The LA Times is running a story about the epidemic of unsafe convictions in the USA, and the ways that prosecutors try to win at all costs -- even at the cost of jailing innocent people.
BY ALL APPEARANCES, the sexual assault case against three members of the Duke University lacrosse team involves serious prosecutorial misjudgment, if not downright misconduct.

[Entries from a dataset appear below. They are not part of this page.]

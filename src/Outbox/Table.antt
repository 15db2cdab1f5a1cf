-- ===== src/Outbox/Table.antt =====
-- The table outbox_events of migrations/000003_create_outbox_events.up.sql, and what the UPDATEs of
-- internal/outbox/publisher.go do to a row.
use shop_catalog_service.Common.{
  ◌≡◌, ℕ, ◌+◌, String, Bool, true, false, if◌then◌else◌, Option, none, some, List, [], ◌∷◌, str_eq,
}
use shop_catalog_service.Common.Lists.{All}

-- Event of internal/outbox/publisher.go: the columns that the publisher reads.
pub record Event : Type 0 where
  pub id : String
  pub topic : String
  pub message_key : String
  pub event_type : String
  pub payload : String

pub record Row : Type 0 where
  pub event : Event
  pub status : String
  pub attempts : ℕ
  pub last_error : Option String

-- A row with the defaults of the table.
abbrev pub pending_row : Event → Row
pending_row event = record { event = event; status = "pending"; attempts = 0; last_error = none }

-- `SET status = 'sent', sent_at = NOW() WHERE id = $1`
abbrev pub sent : String → Row → Row
sent id row = if str_eq row.event.id id then record row { status = "sent" } else row

-- `SET attempts = attempts + 1, last_error = $1 WHERE id = $2`
abbrev pub bumped : String → String → Row → Row
bumped message id row =
    if str_eq row.event.id id
    then record row { attempts = row.attempts + 1; last_error = some message }
    else row

abbrev pub map_rows : {A B : Type 0} → (A → B) → List A → List B
map_rows f [] = []
map_rows f (row ∷ rows) = f row ∷ map_rows f rows

-- The events that `WHERE status = 'pending'` selects, in the table's order.
abbrev pub select : Bool → Event → List Event → List Event
select true event events = event ∷ events
select false event events = events

abbrev pub pending : List Row → List Event
pending [] = []
pending (row ∷ rows) = select (str_eq row.status "pending") row.event (pending rows)

-- PRIMARY KEY: no two rows have one id.
abbrev pub Keyed : List Row → Type 0
Keyed [] = Unit
Keyed (row ∷ rows) =
    All (λ (other : Row). str_eq other.event.id row.event.id ≡ false) rows × Keyed rows
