-- ===== src/Postgres/Source.antt =====
-- The reads of internal/repository/postgres/product_repository.go, as what the cached repository asks of
-- the next one.
use shop_catalog_service.Common.{
  if◌then◌else◌, false, true, str_eq, eq_refl, ◌⊎◌, inr, inl, Bool-cases, ◌≡◌, refl, sym, ap, ◌∙◌,
  String, Option, none, some, List, [], ◌∷◌, ◌++◌,
}
use mathlib.Core.List.{append_assoc, append-nil}
use mathlib.Core.Path.{subst}
use shop_catalog_service.Common.Int.{pos_part, ℤ, pos, ltb_ℤ}
use shop_catalog_service.Errors.{product_not_found, no_rows, error_is, Error}
use shop_catalog_service.Exec.{Result, ok, err, panic}
use shop_catalog_service.Exec.Ensures.{Post, Post-nothing, handle_cases}
use shop_catalog_service.Domain.{Product}
use shop_catalog_service.Repository.{Context}
use shop_catalog_service.Outbox.Table.{map_rows}
use shop_catalog_service.Cached.Coherence.{IsSource}
use shop_catalog_service.Postgres.Statement.{text, int, get_text, list_text}
use shop_catalog_service.Postgres.{
  Sql, World, PostgresRepository, PgState, Columns, RowSet, on_db, scan_product, scan_rows,
  not_found_error,
}
use shop_catalog_service.Common.Lists.{drop, All, take}
use shop_catalog_service.Postgres

-- The eight columns that the SELECTs name, in their order, of a product's row.
abbrev pub columns_of : Product → Columns
columns_of p = (p.id, p.sku, p.name, p.description, p.price_cents, p.currency, p.stock, p.active)

-- The SELECT of a product's row by its id, and that of a page: $1 is its limit and $2 its offset.
abbrev row_query : String
row_query =
    "SELECT id, sku, name, description, price_cents, currency, stock, active FROM products WHERE id = $1"

abbrev page_query : String
page_query =
    "SELECT id, sku, name, description, price_cents, currency, stock, active FROM products ORDER BY id LIMIT $1 OFFSET $2"

-- PRIMARY KEY: no two rows have one id.
abbrev pub PrimaryKey : List Product → Type 0
PrimaryKey [] = Unit
PrimaryKey (p ∷ ps) = All (λ (q : Product). str_eq q.id p.id ≡ false) ps × PrimaryKey ps

abbrev pub HasRow : Product → List Product → Type 0
HasRow p [] = ⊥
HasRow p (q ∷ qs) = (p ≡ q) ⊎ HasRow p qs

-- The product of an id, and the products that LIMIT and OFFSET choose of the rows in their order.
abbrev pub row_of : List Product → String → Option Product
row_of [] id = none
row_of (p ∷ ps) id = if str_eq id p.id then some p else row_of ps id

abbrev pub rows_of : List Product → ℤ → ℤ → List Product
rows_of ps limit offset = take (pos_part limit) (drop (pos_part offset) ps)

module _ {D T : Type 0} (sql : Sql D T) (table : D → List Product) where
  -- What PostgreSQL answers to these two SELECTs from a database: `table` is the table of products, in
  -- the order of the ids. Any call may fail, but not with an error of this program.
  pub record IsProductTable (d : D) : Type 0 where
    pub keyed : PrimaryKey (table d)
    pub row_same :
        (ctx : Context) (id : String) → (sql.query_row ctx row_query (text id ∷ []) d).1 ≡ d
    pub row_found :
        (ctx : Context) (id : String) (row : Columns)
        → (sql.query_row ctx row_query (text id ∷ []) d).0 ≡ ok row
        → (p : Product) × HasRow p (table d) × (p.id ≡ id) × (row ≡ columns_of p)
    -- sql.ErrNoRows says that there is no row.
    pub row_missing :
        (ctx : Context) (id : String) (e : Error)
        → (sql.query_row ctx row_query (text id ∷ []) d).0 ≡ err e
        → error_is e no_rows ≡ true
        → row_of (table d) id ≡ none
    pub row_error :
        (ctx : Context) (id : String) (e : Error)
        → (sql.query_row ctx row_query (text id ∷ []) d).0 ≡ err e
        → error_is e product_not_found ≡ false
    pub rows_same :
        (ctx : Context) (limit offset : ℤ)
        → (sql.query ctx page_query (int limit ∷ int offset ∷ []) d).1 ≡ d
    pub rows_found :
        (ctx : Context) (limit offset : ℤ) (s : RowSet)
        → (sql.query ctx page_query (int limit ∷ int offset ∷ []) d).0 ≡ ok s
        → s.end_error ≡ none
        → s.rows ≡ map_rows (λ p. ok (columns_of p)) (rows_of (table d) limit offset)

All-HasRow : (P : Product → Type 0) (p : Product) (ps : List Product) → All P ps → HasRow p ps → P p
All-HasRow P p [] h has = absurd has
All-HasRow P p (q ∷ qs) h (inl same) = subst P (sym same) h.0
All-HasRow P p (q ∷ qs) h (inr has) = All-HasRow P p qs h.1 has

row_of-HasRow :
    (p : Product) (ps : List Product) → PrimaryKey ps → HasRow p ps → row_of ps p.id ≡ some p
row_of-HasRow p [] key has = absurd has
row_of-HasRow p (q ∷ qs) key (inl same) = rw same (rw (eq_refl q.id) refl)
row_of-HasRow p (q ∷ qs) key (inr has) =
    rw (All-HasRow (λ x. str_eq x.id q.id ≡ false) p qs key.0 has) (row_of-HasRow p qs key.1 has)

-- What GetByID returns: the product of the id, or an error, which is ErrProductNotFound only where the
-- table has no such product; a panic of the driver goes on up.
abbrev pub IsRowOf : List Product → String → Result Product → Type 0
IsRowOf ps id (ok p) = (row_of ps id ≡ some p) × (p.id ≡ id)
IsRowOf ps id (err e) = (error_is e product_not_found ≡ false) ⊎ (row_of ps id ≡ none)
IsRowOf ps id panic = Unit

-- Scan puts each column into the field of its name.
scan_product-columns_of : (p : Product) → scan_product (columns_of p) ≡ p
unfolding scan_product
scan_product-columns_of p = refl

scan_rows_all :
    (ps products : List Product)
    → scan_rows none (map_rows (λ p. ok (columns_of p)) ps) products ≡ ok (products ++ ps)
unfolding scan_rows
scan_rows_all [] products = ap ok (sym (append-nil products))
scan_rows_all (p ∷ ps) products =
    ap (λ q. scan_rows none (map_rows (λ p. ok (columns_of p)) ps) (products ++ q ∷ []))
      (scan_product-columns_of p)
    ∙ scan_rows_all ps (products ++ p ∷ [])
    ∙ ap ok (append_assoc products (p ∷ []) ps)

scan_rows_error :
    (e : Error) (rows : List (Result Columns)) (products : List Product)
    → Post (λ _. ⊥) (scan_rows (some e) rows products)
unfolding scan_rows
scan_rows_error e [] products = tt
scan_rows_error e (ok row ∷ rows) products =
    scan_rows_error e rows (products ++ scan_product row ∷ [])
scan_rows_error e (err x ∷ rows) products = tt
scan_rows_error e (panic ∷ rows) products = tt

Post-ok : {A : Type 0} (Q : A → Type 0) (r : Result A) (a : A) → Post Q r → r ≡ ok a → Q a
Post-ok Q r a h e = subst (Post Q) e h

module _ {D T : Type 0} (world : World) (r : PostgresRepository D T) (table : D → List Product)
    (st : PgState D) (laws : IsProductTable r.db table st.db) where
  not_found_error_lem :
      (id : String) (e : Error)
      → (error_is e no_rows ≡ true → row_of (table st.db) id ≡ none)
      → error_is e product_not_found ≡ false
      → IsRowOf (table st.db) id (err (not_found_error e))
  unfolding not_found_error
  not_found_error_lem id e missing other = elim (Bool-cases (error_is e no_rows)) [
    | inl none_there ↦ inr (missing none_there)
    | inr failed ↦ inl (rw failed other)
  ]

  get_by_id_found :
      (ctx : Context) (id : String)
      → IsRowOf (table st.db) id (Postgres.get_by_id world r ctx id st).0
        × ((Postgres.get_by_id world r ctx id st).1 ≡ st)
  unfolding Postgres.get_by_id
  get_by_id_found ctx id =
      handle_cases (λ result st'. IsRowOf (table st.db) id result × (st' ≡ st))
        (on_db (r.db.query_row ctx get_text (text id ∷ []))) _ _ st
        (λ row s' e.
          let (p, has, own, columns) =
            laws.row_found ctx id row (ap (λ (x : Result Columns × PgState D). x.0) e) in
          let scanned : scan_product row ≡ p =
            ap scan_product columns ∙ scan_product-columns_of p in
          let found : row_of (table st.db) id ≡ some p =
            ap (row_of (table st.db)) (sym own) ∙ row_of-HasRow p (table st.db) laws.keyed has in
          ((found ∙ ap some (sym scanned), ap (λ (q : Product). q.id) scanned ∙ own), same e))
        (λ x s' e.
          let answer = ap (λ (y : Result Columns × PgState D). y.0) e in
          (
            not_found_error_lem id x (laws.row_missing ctx id x answer)
                (laws.row_error ctx id x answer),
            same e,
          ))
        (λ s' e. (tt, same e))
    where
      same :
          {result : Result Columns} {s' : PgState D}
          → on_db (r.db.query_row ctx get_text (text id ∷ [])) st ≡ (result, s')
          → s' ≡ st
      same e =
          ap (λ (x : Result Columns × PgState D). x.1) (sym e)
          ∙ ap (λ d. record st { db = d }) (laws.row_same ctx id)

  -- The rows that were scanned are the page, where they were read to their end.
  scanned_found :
      (ctx : Context) (limit offset : ℤ) (end : Option Error) (rows : List (Result Columns))
      → (end ≡ none → rows ≡ map_rows (λ p. ok (columns_of p)) (rows_of (table st.db) limit offset))
      → Post (λ ps. rows_of (table st.db) limit offset ≡ ps) (scan_rows end rows [])
  scanned_found ctx limit offset none rows h =
      rw (h refl) (rw (scan_rows_all (rows_of (table st.db) limit offset) []) refl)
  scanned_found ctx limit offset (some e) rows h =
      Post-nothing (λ ps. rows_of (table st.db) limit offset ≡ ps) (scan_rows (some e) rows [])
        (scan_rows_error e rows [])

  list_found :
      (ctx : Context) (limit offset : ℤ)
      → Post
          (λ ps. rows_of (table st.db) limit offset ≡ ps)
          (Postgres.list world r ctx limit offset st).0
        × ((Postgres.list world r ctx limit offset st).1 ≡ st)
  unfolding Postgres.list
  list_found ctx limit offset =
      handle_cases
        (λ result st'. Post (λ ps. rows_of (table st.db) limit offset ≡ ps) result × (st' ≡ st))
        (on_db (r.db.query ctx list_text (int limit ∷ int offset ∷ []))) _ _ st
        (λ s s' e. elim (Bool-cases (ltb_ℤ limit (pos 0))) [
          | inl negative ↦ rw negative (tt, same e)
          | inr fits ↦ rw fits (
            scanned_found ctx limit offset s.end_error s.rows (
                laws.rows_found ctx limit offset s (ap (λ (x : Result RowSet × PgState D). x.0) e)),
            same e,
          )
        ])
        (λ x s' e. (tt, same e)) (λ s' e. (tt, same e))
    where
      same :
          {result : Result RowSet} {s' : PgState D}
          → on_db (r.db.query ctx list_text (int limit ∷ int offset ∷ [])) st ≡ (result, s')
          → s' ≡ st
      same e =
          ap (λ (x : Result RowSet × PgState D). x.1) (sym e)
          ∙ ap (λ d. record st { db = d }) (laws.rows_same ctx limit offset)

  -- GetByID and List change nothing. GetByID returns the product that the table has under the id, or an
  -- error, which is ErrProductNotFound only where the table has no such product; List returns only the
  -- page that LIMIT and OFFSET choose of the table in the order of the ids. Each column is in the field of
  -- its name. PostgreSQL must answer the two SELECTs as it promises.
  pub reads_found :
      (ctx : Context) (id : String) (limit offset : ℤ)
      → (IsRowOf (table st.db) id (Postgres.get_by_id world r ctx id st).0
          × ((Postgres.get_by_id world r ctx id st).1 ≡ st))
        × (Post
              (λ ps. rows_of (table st.db) limit offset ≡ ps)
              (Postgres.list world r ctx limit offset st).0
            × ((Postgres.list world r ctx limit offset st).1 ≡ st))
  reads_found ctx id limit offset = (get_by_id_found ctx id, list_found ctx limit offset)

  -- The repository over PostgreSQL keeps what the cached repository asks of the reads of the next one.
  pub repository-IsSource :
      IsSource
        (Postgres.repository world r)
        (λ st. row_of (table st.db))
        (λ st limit offset. some (rows_of (table st.db) limit offset))
        st
  unfolding Postgres.repository
  repository-IsSource = record {
    get_same = λ ctx id. (get_by_id_found ctx id).1;
    get_found = λ ctx id p e. subst (IsRowOf (table st.db) id) e (get_by_id_found ctx id).0;
    list_same = λ ctx limit offset. (list_found ctx limit offset).1;
    list_found = λ ctx limit offset ps e. ap some (
        Post-ok (λ ps. rows_of (table st.db) limit offset ≡ ps)
          (Postgres.list world r ctx limit offset st).0 ps (list_found ctx limit offset).0 e);
  }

Michael B. Nifong, the Durham County, N.C., prosecutor, made public accusations long before the conclusion of the investigation and now forges ahead even as DNA, witness statements, medical reports and other evidence lead impartial observers to find the case ridiculously weak.
[...]
The role of rationalization is on clearest display after DNA exonerates those already convicted. The occasional brave prosecutor will apologize and take action to release the man he or his office wrongly put behind bars, but more often the prosecutor refuses to admit the obvious. Though he routinely argues to juries about the infallibility of DNA evidence, now he isn't so sure. Or, though he advanced a theory about the defendant's guilt with certainty, he now abandons that theory while nevertheless maintaining the belief in guilt.

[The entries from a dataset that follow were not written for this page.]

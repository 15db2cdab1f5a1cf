-- ===== src/Grpc/Reads.antt =====
-- ListProducts and GetProduct of internal/transport/grpc/v1/handlers/handler.go: what they answer, from
-- what the service returns.
use shop_catalog_service.Common.{
  suc, ap, [], ◌∷◌, ◌≡◌, refl, String, some, List, Option-cases, inl, inr,
}
use shop_catalog_service.Common.Int.{ℤ, pos}
use shop_catalog_service.Common.Lists.{length}
use shop_catalog_service.Exec.{Result, ok, err, panic}
use shop_catalog_service.Exec.Ensures.{Ensures, Post}
use shop_catalog_service.Domain.{Product}
use shop_catalog_service.Repository.{Context}
use shop_catalog_service.Service
use shop_catalog_service.Service.{CatalogService, ServiceState}
use shop_catalog_service.Grpc.{
  Answer, response, status, crashed, ListRequest, ListResponse, ProtoProduct, GrpcState, uint32,
  to_proto_product, to_proto_products, list_answer, list_products, get_answer, get_product,
  validate_list_request, validate_get_request,
}

module _ {F : Type 0} (price_of : ℤ → F) where
  -- The message has the product's fields; updated_at is left empty.
  pub record IsMessageOf (p : Product) (m : ProtoProduct F) : Type 0 where
    pub id : m.id ≡ p.id
    pub sku : m.sku ≡ p.sku
    pub name : m.name ≡ p.name
    pub description : m.description ≡ p.description
    pub price : m.price ≡ price_of p.price_cents
    pub currency : m.currency ≡ p.currency
    pub stock : m.stock ≡ uint32 p.stock
    pub active : m.active ≡ p.active
    pub updated_at : m.updated_at ≡ ""

  -- The messages are those of the products, in their order.
  abbrev pub AreMessagesOf : List Product → List (ProtoProduct F) → Type 0
  AreMessagesOf [] [] = Unit
  AreMessagesOf [] (m ∷ ms) = ⊥
  AreMessagesOf (p ∷ ps) [] = ⊥
  AreMessagesOf (p ∷ ps) (m ∷ ms) = IsMessageOf p m × AreMessagesOf ps ms

  -- A response shows a product, or a page with the number of its items, with the property; a status
  -- shows none.
  abbrev pub Shows : (Product → Type 0) → Answer (ProtoProduct F) → Type 0
  Shows Q (response m) = (p : Product) × Q p × IsMessageOf p m
  Shows Q (status code text) = Unit
  Shows Q crashed = Unit

  abbrev pub ShowsPage : (List Product → Type 0) → Answer (ListResponse F) → Type 0
  ShowsPage Q (response m) =
      (ps : List Product) × Q ps × AreMessagesOf ps m.items × (m.total ≡ uint32 (pos (length ps)))
  ShowsPage Q (status code text) = Unit
  ShowsPage Q crashed = Unit

  to_proto_product-IsMessageOf : (p : Product) → IsMessageOf p (to_proto_product price_of p)
  unfolding to_proto_product
  to_proto_product-IsMessageOf p = record {
    id = refl;
    sku = refl;
    name = refl;
    description = refl;
    price = refl;
    currency = refl;
    stock = refl;
    active = refl;
    updated_at = refl;
  }

  to_proto_products-AreMessagesOf :
      (ps : List Product) → AreMessagesOf ps (to_proto_products price_of ps)
  unfolding to_proto_products
  to_proto_products-AreMessagesOf [] = tt
  to_proto_products-AreMessagesOf (p ∷ ps) =
      (to_proto_product-IsMessageOf p, to_proto_products-AreMessagesOf ps)

  length-to_proto_products :
      (ps : List Product) → length (to_proto_products price_of ps) ≡ length ps
  unfolding to_proto_products
  length-to_proto_products [] = refl
  length-to_proto_products (p ∷ ps) = ap suc (length-to_proto_products ps)

  module _ {S : Type 0} (svc : CatalogService S) (I : ServiceState S → Type 0) (ctx : Context) where
    get_answer-Shows :
        (Q : Product → Type 0) (r : Result Product) (st : GrpcState S)
        → I st.inner
        → Post Q r
        → I (get_answer price_of svc r st).1.inner × Shows Q (get_answer price_of svc r st).0
    unfolding get_answer
    get_answer-Shows Q (ok p) st i q = (i, (p, q, to_proto_product-IsMessageOf p))
    get_answer-Shows Q (err e) st i q = (i, tt)
    get_answer-Shows Q panic st i q = (i, tt)

    pub get_product-Shows :
        (Q : Product → Type 0) (id : String) (st : GrpcState S)
        → Ensures I Q (Service.get_product (some svc) ctx id)
        → I st.inner
        → I (get_product price_of svc ctx (some id) st).1.inner
          × Shows Q (get_product price_of svc ctx (some id) st).0
    unfolding get_product
    get_product-Shows Q id st h i = elim (Option-cases (validate_get_request (some id))) [
      | inl valid ↦
          rw (valid, get_product) (get_answer-Shows Q _ _ (h.at st.inner i).0 (h.at st.inner i).1)
      | inr (x, refused) ↦ rw (refused, get_product) (i, tt)
    ]

    list_answer-ShowsPage :
        (Q : List Product → Type 0) (r : Result (List Product)) (st : GrpcState S)
        → I st.inner
        → Post Q r
        → I (list_answer price_of svc r st).1.inner × ShowsPage Q (list_answer price_of svc r st).0
    unfolding list_answer
    list_answer-ShowsPage Q (ok ps) st i q = (
      i,
      (
        ps,
        q,
        to_proto_products-AreMessagesOf ps,
        ap (λ n. uint32 (pos n)) (length-to_proto_products ps),
      ),
    )
    list_answer-ShowsPage Q (err e) st i q = (i, tt)
    list_answer-ShowsPage Q panic st i q = (i, tt)

    pub list_products-ShowsPage :
        (Q : List Product → Type 0) (req : ListRequest) (st : GrpcState S)
        → Ensures I Q (Service.list_products (some svc) ctx (pos req.limit) (pos req.offset))
        → I st.inner
        → I (list_products price_of svc ctx (some req) st).1.inner
          × ShowsPage Q (list_products price_of svc ctx (some req) st).0
    unfolding list_products
    list_products-ShowsPage Q req st h i = elim (Option-cases (validate_list_request (some req))) [
      | inl valid ↦
          rw (valid, list_products)
            (list_answer-ShowsPage Q _ _ (h.at st.inner i).0 (h.at st.inner i).1)
      | inr (x, refused) ↦ rw (refused, list_products) (i, tt)
    ]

The article talks about the New York-based Innocence Project, which has performed DNA testing on many convicted criminals, and exonerated 180 wrongly convicted people in the last 15 years. Remember, these are only people convicted of the most serious crimes, such as murder or rape, where DNA evidence is likely to be involved. One has to ask the question, how many hundreds, perhaps thousands, more innocent people are languishing in jail for crimes they never committed?